MERM is a must (I highly recommend that you tab the book for quick reference), Engineering Unit Conversions is highly recommended. The Steam Tables will be useful if any extreme conditions of steam are on the exam. I would get and take as many NCEES practice exams as you can.


----------



## Ramnares P.E. (Jul 19, 2017)

Personally I find the ASME steam tables to be garbage.  The MERM tables were better.  Alternately, bring a copy of Moran/Shapiro or Keenan/Keyes.


----------



## Audi Driver P.E. (Jul 20, 2017)

Ramnares P.E. said:


> Personally I find the ASME steam tables to be garbage.  The MERM tables were better.  Alternately, bring a copy of Moran/Shapiro or Keenan/Keyes.

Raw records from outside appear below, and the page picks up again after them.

-- ===== src/Tap/Foam/Laws.antt =====
-- foam_capture.h: the rows of a recording fit together.
use keg_scale_espdisplay.Prelude.{
  ℕ, ◌+◌, ◌*◌, ◌/◌, ◌%◌, ◌≤◌, ◌<◌, ◌≡◌, refl, sym, ap, ◌∙◌, subst, ◌≢◌, ◌⊎◌, inl, inr, Bool, true,
  false, ◌||◌, Option, none, some, List, [], ◌∷◌, ◌++◌, arith, bit, length, length-append, last_or,
  last_or-append, Chained, Chained-append, sub32, add32, pos, diff,
}
use keg_scale_espdisplay.Tap.Foam.{
  FoamRow, capacity, FoamCapture, start, stop, mark, Observation, flags_of, row_of, append_row,
  is_old, observe, foam_start, foam_stop, foam_mark, complete, complete_at, foam_observe,
}

-- `r` follows the row `o`: its interval and its change of distance are those between the two.
abbrev pub Follows : Option FoamRow → FoamRow → Type 0
Follows none r = (r.interval_ms ≡ 0) × (r.delta_mm ≡ pos 0) × (r.flags / 2 % 2 ≡ 0)
Follows (some p) r =
    (r.sequence ≢ p.sequence)
    × (add32 p.elapsed_ms r.interval_ms ≡ r.elapsed_ms)
    × (r.flags / 2 % 2 ≡ (p.flags % 2) * (r.flags % 2))
    × (r.flags / 2 % 2 ≡ 1 → r.delta_mm ≡ diff r.mm p.mm)
    × (r.flags / 2 % 2 ≡ 0 → r.delta_mm ≡ pos 0)

-- The variables that `observe` compares with are those of the last row.
abbrev pub Recalls : FoamCapture → Option FoamRow → Type 0
Recalls k none = (k.previous_valid ≡ false) × (length k.rows ≡ 0)
Recalls k (some p) =
    (k.seen ≡ true)
    × (length k.rows ≢ 0)
    × (k.last_sequence ≡ p.sequence)
    × (k.previous_mm ≡ p.mm)
    × (sub32 k.previous_at k.started ≡ p.elapsed_ms)
    × (bit k.previous_valid ≡ p.flags % 2)

pub record WellFormed (k : FoamCapture) : Type 0 where
  pub fits : length k.rows ≤ capacity
  pub room : k.active ≡ true → length k.rows < capacity
  pub chained : Chained Follows none k.rows
  pub recalls : Recalls k (last_or none k.rows)

row_of-Follows :
    (o : Observation) (k : FoamCapture) (p : Option FoamRow)
    → Recalls k p
    → is_old o k ≡ false
    → Follows p (complete o (row_of o k))
unfolding row_of is_old complete sub32 add32 flags_of
row_of-Follows o k none r h = ground arith
row_of-Follows o k (some p) r h = ground arith

append_row-Recalls :
    (o : Observation) (k : FoamCapture) (p : Option FoamRow)
    → Recalls k p
    → Recalls (append_row o k) (some (row_of o k))
unfolding append_row stop row_of flags_of sub32
append_row-Recalls o k p r = ground (arith, length-append k.rows (row_of o k ∷ []))

append_row-rows :
    (o : Observation) (k : FoamCapture) → (append_row o k).rows ≡ k.rows ++ row_of o k ∷ []
unfolding append_row stop
append_row-rows o k = ground arith

complete_at-append_last :
    (o : Observation) (xs : List FoamRow) (r : FoamRow)
    → complete_at o (length xs) (xs ++ r ∷ []) ≡ xs ++ complete o r ∷ []
complete_at-append_last o [] r = refl
complete_at-append_last o (x ∷ xs) r = ap (λ zs. x ∷ zs) (complete_at-append_last o xs r)

foam_observe_row :
    (o : Observation) (k : FoamCapture) (r : FoamRow)
    → (observe o k).rows ≡ k.rows ++ r ∷ []
    → (foam_observe o k).rows ≡ k.rows ++ complete o r ∷ []
unfolding foam_observe
foam_observe_row o k r e =
    let n : length (observe o k).rows ≡ length k.rows + 1 = rw e (length-append k.rows (r ∷ [])) in
    ground (arith, complete_at-append_last o k.rows r)

foam_observe_same :
    (o : Observation) (k : FoamCapture)
    → (observe o k).rows ≡ k.rows
    → foam_observe o k ≡ observe o k
unfolding foam_observe
foam_observe_same o k e = ground arith

-- A call of one of the functions of foam_capture.cpp that change the recording.
pub data Call : Type 0 where
  starts : ℕ → Call
  stops : ℕ → Call
  marks : ℕ → Call
  observes : Observation → Call

abbrev pub step : Call → FoamCapture → FoamCapture
step (starts now) k = foam_start now k
step (stops now) k = foam_stop now k
step (marks marker) k = (foam_mark marker k).0
step (observes o) k = foam_observe o k

abbrev pub run_calls : List Call → FoamCapture → FoamCapture
run_calls [] k = k
run_calls (e ∷ es) k = run_calls es (step e k)

-- The same rows, and the same memory of the last one.
abbrev Same : FoamCapture → FoamCapture → Type 0
Same k k' =
    (k'.rows ≡ k.rows)
    × (k'.started ≡ k.started)
    × (k'.seen ≡ k.seen)
    × (k'.previous_valid ≡ k.previous_valid)
    × (k'.last_sequence ≡ k.last_sequence)
    × (k'.previous_at ≡ k.previous_at)
    × (k'.previous_mm ≡ k.previous_mm)

Recalls-Same : (k k' : FoamCapture) (p : Option FoamRow) → Same k k' → Recalls k p → Recalls k' p
Recalls-Same k k' none e r = ground arith
Recalls-Same k k' (some p) e r = ground arith

Same-WellFormed :
    (k k' : FoamCapture)
    → Same k k'
    → (k'.active ≡ true → (k.active ≡ true) ⊎ (length k.rows < capacity))
    → WellFormed k
    → WellFormed k'
Same-WellFormed k k' e f w = record {
  fits = rw e.0 w.fits;
  room = λ h. rw e.0 (elim (f h) [ inl a ↦ w.room a | inr n ↦ n ]);
  chained = rw e.0 w.chained;
  recalls =
      subst (λ xs. Recalls k' (last_or none xs)) (sym e.0)
        (Recalls-Same k k' (last_or none k.rows) e w.recalls);
}

-- Adding the row keeps the recording well-formed.
appended-WellFormed :
    (o : Observation) (k k' : FoamCapture)
    → WellFormed k
    → length k.rows < capacity
    → is_old o k ≡ false
    → k'.rows ≡ k.rows ++ complete o (row_of o k) ∷ []
    → (k'.active ≡ true → length k'.rows ≢ capacity)
    → Recalls k' (some (complete o (row_of o k)))
    → WellFormed k'
appended-WellFormed o k k' w a h e f r =
    let c = complete o (row_of o k) in
    let n = length-append k.rows (c ∷ []) in
    record {
      fits = rw e (omega (arith, n, a));
      room = λ t. let m = ap length e in omega (arith, n, a, m, f t);
      chained = rw e (
          Chained-append Follows none k.rows c w.chained
            (row_of-Follows o k (last_or none k.rows) w.recalls h));
      recalls =
          subst (λ xs. Recalls k' (last_or none xs)) (sym e) (rw (last_or-append none k.rows c) r);
    }

-- `foam_observe` adds nothing, or adds one row for a sample that is not old.
observe_cases :
    (o : Observation) (k : FoamCapture)
    → (Same k (observe o k) × ((observe o k).active ≡ true → k.active ≡ true))
      ⊎ ((k.active ≡ true)
          × (is_old o (record k { pending_button = k.pending_button || o.button }) ≡ false)
          × (length k.rows ≢ capacity)
          × (observe o k
              ≡ append_row o (record k { pending_button = k.pending_button || o.button })))
unfolding observe stop
observe_cases o k = ground arith

append_row-room :
    (o : Observation) (k : FoamCapture)
    → (append_row o k).active ≡ true
    → length (append_row o k).rows ≢ capacity
unfolding append_row stop
append_row-room o k h = ground arith

complete-Recalls :
    (o : Observation) (k : FoamCapture) (r : FoamRow) (n : List FoamRow)
    → length n ≢ 0
    → Recalls k (some r)
    → Recalls (record k { rows = n }) (some (complete o r))
unfolding complete
complete-Recalls o k r n h e = ground arith

foam_observe_rest :
    (o : Observation) (k : FoamCapture)
    → foam_observe o k ≡ record (observe o k) { rows = (foam_observe o k).rows }
unfolding foam_observe
foam_observe_rest o k = ground arith

-- A row is added for a sample that is not old.
foam_observe-appended :
    (o : Observation) (k : FoamCapture) (b : Bool)
    → (let k₁ = record k { pending_button = b } in
        WellFormed k₁
        → length k.rows < capacity
        → is_old o k₁ ≡ false
        → observe o k ≡ append_row o k₁
        → WellFormed (foam_observe o k))
foam_observe-appended o k b w a h f =
    let k₁ = record k { pending_button = b } in
    let r = row_of o k₁ in
    let g = foam_observe_row o k r (ap (λ (x : FoamCapture). x.rows) f ∙ append_row-rows o k₁) in
    let added = (foam_observe o k).rows in
    let n : length added ≡ length (append_row o k₁).rows =
      ap length g
      ∙ length-append k.rows (complete o r ∷ [])
      ∙ sym (length-append k.rows (r ∷ []))
      ∙ sym (ap length (append_row-rows o k₁)) in
    let rest : foam_observe o k ≡ record (append_row o k₁) { rows = added } =
      foam_observe_rest o k ∙ ap (λ (x : FoamCapture). record x { rows = added }) f in
    let nonempty : length added ≢ 0 =
      let l = length-append k.rows (complete o r ∷ []) in let l' = ap length g in omega arith in
    let full : (foam_observe o k).active ≡ true → length added ≢ capacity = λ t.
      (let u = append_row-room o k₁ (sym (ap (λ (x : FoamCapture). x.active) rest) ∙ t) in
        omega arith) in
    let m = append_row-Recalls o k₁ (last_or none k.rows) w.recalls in
    appended-WellFormed o k₁ (foam_observe o k) w a h g full (
      subst (λ x. Recalls x (some (complete o r))) (sym rest)
        (complete-Recalls o (append_row o k₁) r added nonempty m))

foam_observe-WellFormed :
    (o : Observation) (k : FoamCapture) → WellFormed k → WellFormed (foam_observe o k)
foam_observe-WellFormed o k w = elim (observe_cases o k) [
  | inl (e, f) ↦
      rw (foam_observe_same o k e.0) (Same-WellFormed k (observe o k) e (λ h. inl (f h)) w)
  | inr (a, h, n, e) ↦
      let b = k.pending_button || o.button in
      let w₁ =
        Same-WellFormed k (record k { pending_button = b })
          (refl, refl, refl, refl, refl, refl, refl) (λ x. inl x) w in
      foam_observe-appended o k b w₁ (w.room a) h e
]

pub step-WellFormed : (e : Call) (k : FoamCapture) → WellFormed k → WellFormed (step e k)
unfolding start stop mark
step-WellFormed (starts now) k w = record {
  fits = omega arith;
  room = λ h. omega arith;
  chained = tt;
  recalls = (refl, refl);
}
step-WellFormed (stops now) k w =
    Same-WellFormed k (stop now k) (ground arith) (λ h. ground arith) w
step-WellFormed (marks marker) k w =
    Same-WellFormed k (mark marker k).0 (ground arith) (λ h. ground arith) w
step-WellFormed (observes o) k w = foam_observe-WellFormed o k w

-- Whatever is called, a recording holds at most 3000 rows, and one that is active has room for
-- one more. Each row has another sequence number than the row before it, its interval leads from
-- that row's time to its own, and its change of distance, with the flag DELTA_VALID, is the
-- difference of the two distances when both are valid, and 0 without the flag otherwise.
pub run_calls-WellFormed :
    (es : List Call) (k : FoamCapture) → WellFormed k → WellFormed (run_calls es k)
run_calls-WellFormed [] k w = w
run_calls-WellFormed (e ∷ es) k w = run_calls-WellFormed es (step e k) (step-WellFormed e k w)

Agree that the ASME steam tables aren't as good as Keenan/Keyes, but they will work.  And there is no need to spend money on steam tables when there are free ones available. Here is what I used:



> You can spend some dollars and get the ASME steam tables for Industrial Use or you can get good ones for free and put them into your binder (like I did).  Here is a link for the best Imperial units table I could find (I did a lot of searching) http://www.tuner.tw/omega%20cd/zsection/STEAM_TA.PDF  and a GREAT compilation of SI units (tables 1, 2, and 3) here: http://www.nist.gov/srd/upload/NISTIR5078.htm
> 
> There was definitely a need for a good SI units table.  Note, the Imperial units table is from ASME data, whereas the SI units tables are from the newest standard developed by NIST.  I know how to work a Mollier diagram and had a large format one with me, but it's more accurate to look values up in a table, IMO.


----------



## amats42 (Jul 21, 2017)

I loved Kennan and Keyes for steam tables and I got a used one from the 80s for about 3 bucks on Amazon. I felt that having a book with tabs saved me enough time that it was money well spent.

The engineering conversion book was worth its weight in gold. Tab the common conversions and highlight any conversion used during your prep.

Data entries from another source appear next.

-- ===== src/Tap/Foam/Examples.antt =====
-- One recording: a start, two readings with a mark between them, and a stop.
use keg_scale_espdisplay.Prelude.{
  ℕ, ◌+◌, ◌*◌, ◌≡◌, refl, true, false, List, [], ◌∷◌, arith, ℤ, pos, negsuc,
}
use keg_scale_espdisplay.Tap.Control.{pouring_reason}
use keg_scale_espdisplay.Tap.Control.Examples.{calibrated, reading}
use keg_scale_espdisplay.Tap.Foam.{FoamRow, new_capture, Observation, foam_status}
use keg_scale_espdisplay.Tap.Foam.Laws.{
  WellFormed, Call, starts, stops, marks, observes, run_calls, run_calls-WellFormed,
}

abbrev seen_at : ℕ → ℕ → Observation
seen_at n mm = record {
  s = reading n mm;
  c = calibrated;
  now = 100 * n + 10;
  servo = 1600;
  pouring = true;
  is_ready = false;
  test = false;
  button = false;
  stable = 5;
  reason = pouring_reason;
  manual_hold = true;
}

abbrev one_recording : List Call
one_recording =
    starts 90 ∷ observes (seen_at 1 300) ∷ marks 1 ∷ observes (seen_at 2 280) ∷ stops 250 ∷ []

abbrev summary : List FoamRow → List (ℕ × ℕ × ℤ × ℕ × ℕ)
summary [] = []
summary (r ∷ rs) = (r.elapsed_ms, r.interval_ms, r.delta_mm, r.flags, r.markers) ∷ summary rs

one_recording-rows :
    summary (run_calls one_recording new_capture).rows
    ≡ (10, 0, pos 0, 69, 0) ∷ (110, 100, negsuc 19, 71, 1) ∷ []
unfolding keg_scale_espdisplay.Tap.Foam.stop keg_scale_espdisplay.Tap.Foam.foam_observe
    keg_scale_espdisplay.Tap.Foam.mark keg_scale_espdisplay.Tap.Foam.start
one_recording-rows = refl

one_recording-foam_status :
    foam_status 900 (run_calls one_recording new_capture)
    ≡ record { active = false; count = 2; elapsed_ms = 160 }
unfolding foam_status keg_scale_espdisplay.Tap.Foam.stop keg_scale_espdisplay.Tap.Foam.foam_observe
    keg_scale_espdisplay.Tap.Foam.mark keg_scale_espdisplay.Tap.Foam.start
one_recording-foam_status = refl

new_capture-WellFormed : WellFormed new_capture
new_capture-WellFormed = record {
  fits = omega arith;
  room = λ h. omega arith;
  chained = tt;
  recalls = (refl, refl);
}

run_calls-WellFormed_example : WellFormed (run_calls one_recording new_capture)
run_calls-WellFormed_example = run_calls-WellFormed one_recording new_capture new_capture-WellFormed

Bring SI steam tables!!! You can find them for free with NIST.

All of the above breadth and study prep information is accurate. Follow this and you'll succeed. Personally, my company pays for prep courses so I took one at UCLA. I think it was perfect for me as they hold your hand--they give you a study schedule to follow (which wasn't perfect since April was the first time with the new breadth requirements) and you might meet a study buddy or two. The material covered in class didn't help me pass the test, but the motivation to study and the accountability was worth the cost for me. If I did an online course I would argue I would have gained nothing from it.


----------



## mtd240 (Jul 26, 2017)

Thanks for all the help everyone.  I have been working ~1.5hr a night on this (starting with the MERM and associated practice problems). Then I'll move the the TFS Reference Manual, and then start taking some practice exams (will probably be September by that point).


----------



## SmilinEd (Jul 27, 2017)

Ramnares P.E. said:


> Personally I find the ASME steam tables to be garbage.  The MERM tables were better.  Alternately, bring a copy of Moran/Shapiro or Keenan/Keyes.

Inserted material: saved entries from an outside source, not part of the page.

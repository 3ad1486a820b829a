-- ===== src/Tap/History.antt =====
-- touchpour/components/tap_control/pour_history.h and pour_history.cpp: the points of the pour that
-- goes on, and the summaries of the last pours. `points[0 .. pending.count)` is the list of points,
-- `headers` the six slots in order. The child Storage has the flash partition.
use keg_scale_espdisplay.Prelude.{
  ℕ, ◌-◌, ◌%◌, ◌^◌, Bool, true, false, not, ◌&&◌, ◌||◌, Option, none, some, List, [], ◌∷◌, ◌++◌,
  ltb, leb, ◌==◌, if◌then◌else◌, length, set, take, replicate, sub32,
}
use keg_scale_espdisplay.Tap.Settings.{Settings, default_settings, Sample}
use keg_scale_espdisplay.Tap.Control.{Reason}
pub mod Storage
pub mod Points
pub mod Recording
pub mod Retention
pub mod Blocks
pub mod Examples

abbrev pub slot_count : ℕ
slot_count = 6

abbrev pub slot_size : ℕ
slot_size = 16384

abbrev pub max_points : ℕ
max_points = 242

abbrev pub magic : ℕ
magic = 1347376466

abbrev pub format : ℕ
format = 1

-- The `int16_t` fields hold the low 16 bits; `reserved` is always 0.
pub record PourPoint : Type 0 where
  pub elapsed_ms : ℕ
  pub sequence : ℕ
  pub age_ms : ℕ
  pub mm : ℕ
  pub status : ℕ
  pub servo_us : ℕ
  pub valid : Bool
  pub manual_hold : Bool
  pub button : Bool

-- `firmware` is a list of characters, and `reason` is absent where its text is empty.
pub record PourSummary : Type 0 where
  pub id : ℕ
  pub duration_ms : ℕ
  pub samples : ℕ
  pub manual_hold : Bool
  pub firmware : List ℕ
  pub reason : Option Reason
  pub settings : Settings

abbrev pub no_settings : Settings
no_settings = default_settings

abbrev pub no_summary : PourSummary
no_summary = record {
  id = 0;
  duration_ms = 0;
  samples = 0;
  manual_hold = false;
  firmware = [];
  reason = none;
  settings = no_settings;
}

pub record Header : Type 0 where
  pub magic_word : ℕ
  pub format_version : ℕ
  pub count : ℕ
  pub data_crc : ℕ
  pub header_crc : ℕ
  pub summary : PourSummary

-- `Header{}`; `Settings` has default values.
abbrev pub no_header : Header
no_header = record {
  magic_word = 0;
  format_version = 0;
  count = 0;
  data_crc = 0;
  header_crc = 0;
  summary = no_summary;
}

-- The static variables.
pub record History : Type 0 where
  pub headers : List Header
  pub points : List PourPoint
  pub pending : Header
  pub recording : Bool
  pub pending_button : Bool
  pub started : ℕ
  pub last_at : ℕ
  pub next_id : ℕ
  pub saving : Bool

abbrev pub new_history : History
new_history = record {
  headers = replicate slot_count no_header;
  points = [];
  pending = no_header;
  recording = false;
  pending_button = false;
  started = 0;
  last_at = 0;
  next_id = 1;
  saving = false;
}

-- The arguments of `history_observe`, and whether there is a partition.
pub record Observation : Type 0 where
  pub s : Sample
  pub c : Settings
  pub now : ℕ
  pub servo : ℕ
  pub pouring : Bool
  pub hold : Bool
  pub button : Bool
  pub reason : Reason
  pub available : Bool
  pub version : List ℕ

unfoldable pub point_of : Observation → History → PourPoint
unfolding sub32
point_of o h = record {
  elapsed_ms = sub32 o.now h.started;
  sequence = o.s.sequence;
  age_ms = sub32 o.now o.s.at;
  mm = o.s.mm;
  status = o.s.status % 2 ^ 16;
  servo_us = o.servo % 2 ^ 16;
  valid = o.s.valid;
  manual_hold = o.hold;
  button = h.pending_button;
}

-- With all places taken the last one is written again.
unfoldable pub put_point : PourPoint → List PourPoint → List PourPoint
put_point row points =
    if ltb (length points) max_points then points ++ row ∷ [] else set points (max_points - 1) row

unfoldable pub add_point : Observation → History → History
unfolding point_of put_point
add_point o h =
    let points = put_point (point_of o h) h.points in
    record h {
      points = points;
      pending = record h.pending { count = length points };
      pending_button = false;
      last_at = o.now;
    }

-- The branch `pouring && !recording`, up to its `add_point`.
unfoldable pub begin_recording : Observation → History → History
begin_recording o h = record h {
  pending = record no_header {
    summary = record no_summary {
      settings = o.c;
      manual_hold = o.hold;
      firmware = take 31 o.version;
    };
  };
  points = [];
  started = o.now;
  last_at = o.now;
  pending_button = o.button;
  recording = true;
}

-- The branch `!pouring`; the writer task is notified where `saving` becomes true.
unfoldable pub end_recording : Observation → History → History
unfolding sub32
end_recording o h = record h {
  pending = record h.pending {
    summary = record h.pending.summary {
      duration_ms = sub32 o.now h.started;
      reason = some o.reason;
    };
  };
  recording = false;
  saving = true;
}

unfoldable pub history_observe : Observation → History → History
unfolding add_point begin_recording end_recording sub32
history_observe o h =
    if not o.available || h.saving
    then h
    else if o.pouring && not h.recording
    then add_point o (begin_recording o h)
    else if h.recording
    then (let h₁ = record h { pending_button = h.pending_button || o.button } in
        let h₂ = if not o.pouring || leb 500 (sub32 o.now h.last_at) then add_point o h₁ else h₁ in
        if not o.pouring then end_recording o h₂ else h₂)
    else h

-- `sorted[0 .. count)`: the summaries in use.
abbrev pub in_use : List Header → List PourSummary
in_use [] = []
in_use (h ∷ hs) = if h.summary.id == 0 then in_use hs else h.summary ∷ in_use hs

-- `std::sort` by descending number.
abbrev pub insert : PourSummary → List PourSummary → List PourSummary
insert s [] = s ∷ []
insert s (t ∷ ts) = if ltb s.id t.id then t ∷ insert s ts else s ∷ t ∷ ts

abbrev pub sort : List PourSummary → List PourSummary
sort [] = []
sort (s ∷ ss) = insert s (sort ss)

abbrev pub history_list : History → List PourSummary
history_list h = take 5 (sort (in_use h.headers))

abbrev pub find_id : ℕ → List PourSummary → Option PourSummary
find_id id [] = none
find_id id (s ∷ ss) = if s.id == id then some s else find_id id ss

abbrev pub history_get : ℕ → History → Option PourSummary
history_get id h = find_id id (history_list h)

I agree with you, but the ASME tables were in my company's office, had a broader range than MERM and they were free  :thumbs:  But, I believe you are fine if  you only have MERM.


----------



## RaggedyMan (Jul 28, 2017)

SmilinEd said:


> I agree with you, but the ASME tables were in my company's office, had a broader range than MERM and they were free  :thumbs:  But, I believe you are fine if  you only have MERM.


I passed in April. I only used the MERM. I found it more than sufficient, maybe I spent a few more minutes having to interpolate, but I found that most of the problems just used round numbers since they aren't testing your ability to plug numbers in a calculator.


----------



## Audi Driver P.E. (Jul 28, 2017)

RaggedyMan said:


> I passed in April. I only used the MERM. I found it more than sufficient, maybe I spent a few more minutes having to interpolate, but I found that most of the problems just used round numbers since they aren't testing your ability to plug numbers in a calculator.


You can definitely get by with the MERM tables, but I think it makes more sense to merely look up values in a more complete set, rather than calculate.  And since tables are free (see above) and since bringing them with you is free, why not?


----------



## mtd240 (Aug 1, 2017)

Regarding the Thermal/Fluids focus - are there _actually_ no non-thermal/fluids problems on the exam?  Seems a bit odd, but that's what the exam specs say (aside from a select few "supporting knowledge" topics).  Just wondering if it is even worth hitting the non thermal/fluids sections in the MERM at all.


----------



## Ramnares P.E. (Aug 1, 2017)

Advice would be to follow the exam specifications when doing your review recalling the change in spec removed a lot of the 'general' engineering questions.


----------



## Vel2018 (Jan 24, 2018)

spacebanjo said:


> Those books are fine. I just passed TFS on the April exam with the new specs. What worked for me was doing all of the MERM companion problems related to the NCEES exam syllabus. Look at the exam specs and hit all problems that are on that list (including the ones mentioned that aren't core-TFS like pressure vessel, bolts, etc). I found the syllabus extremely accurate so be anal about hitting all the topics and focus on the percentages indicated.
> 
> After doing most of the relevant companion problems which are way harder and more complex you should have a good understanding of the material. Then focus on doing exam type problems. You should order the official NCEES practice exam (side plug I am selling it at discount see my classified).
> 
> ...


Did you work on the "Examples" in the 13th Edition MERM OR just the MERM Companion Practice Problems?


----------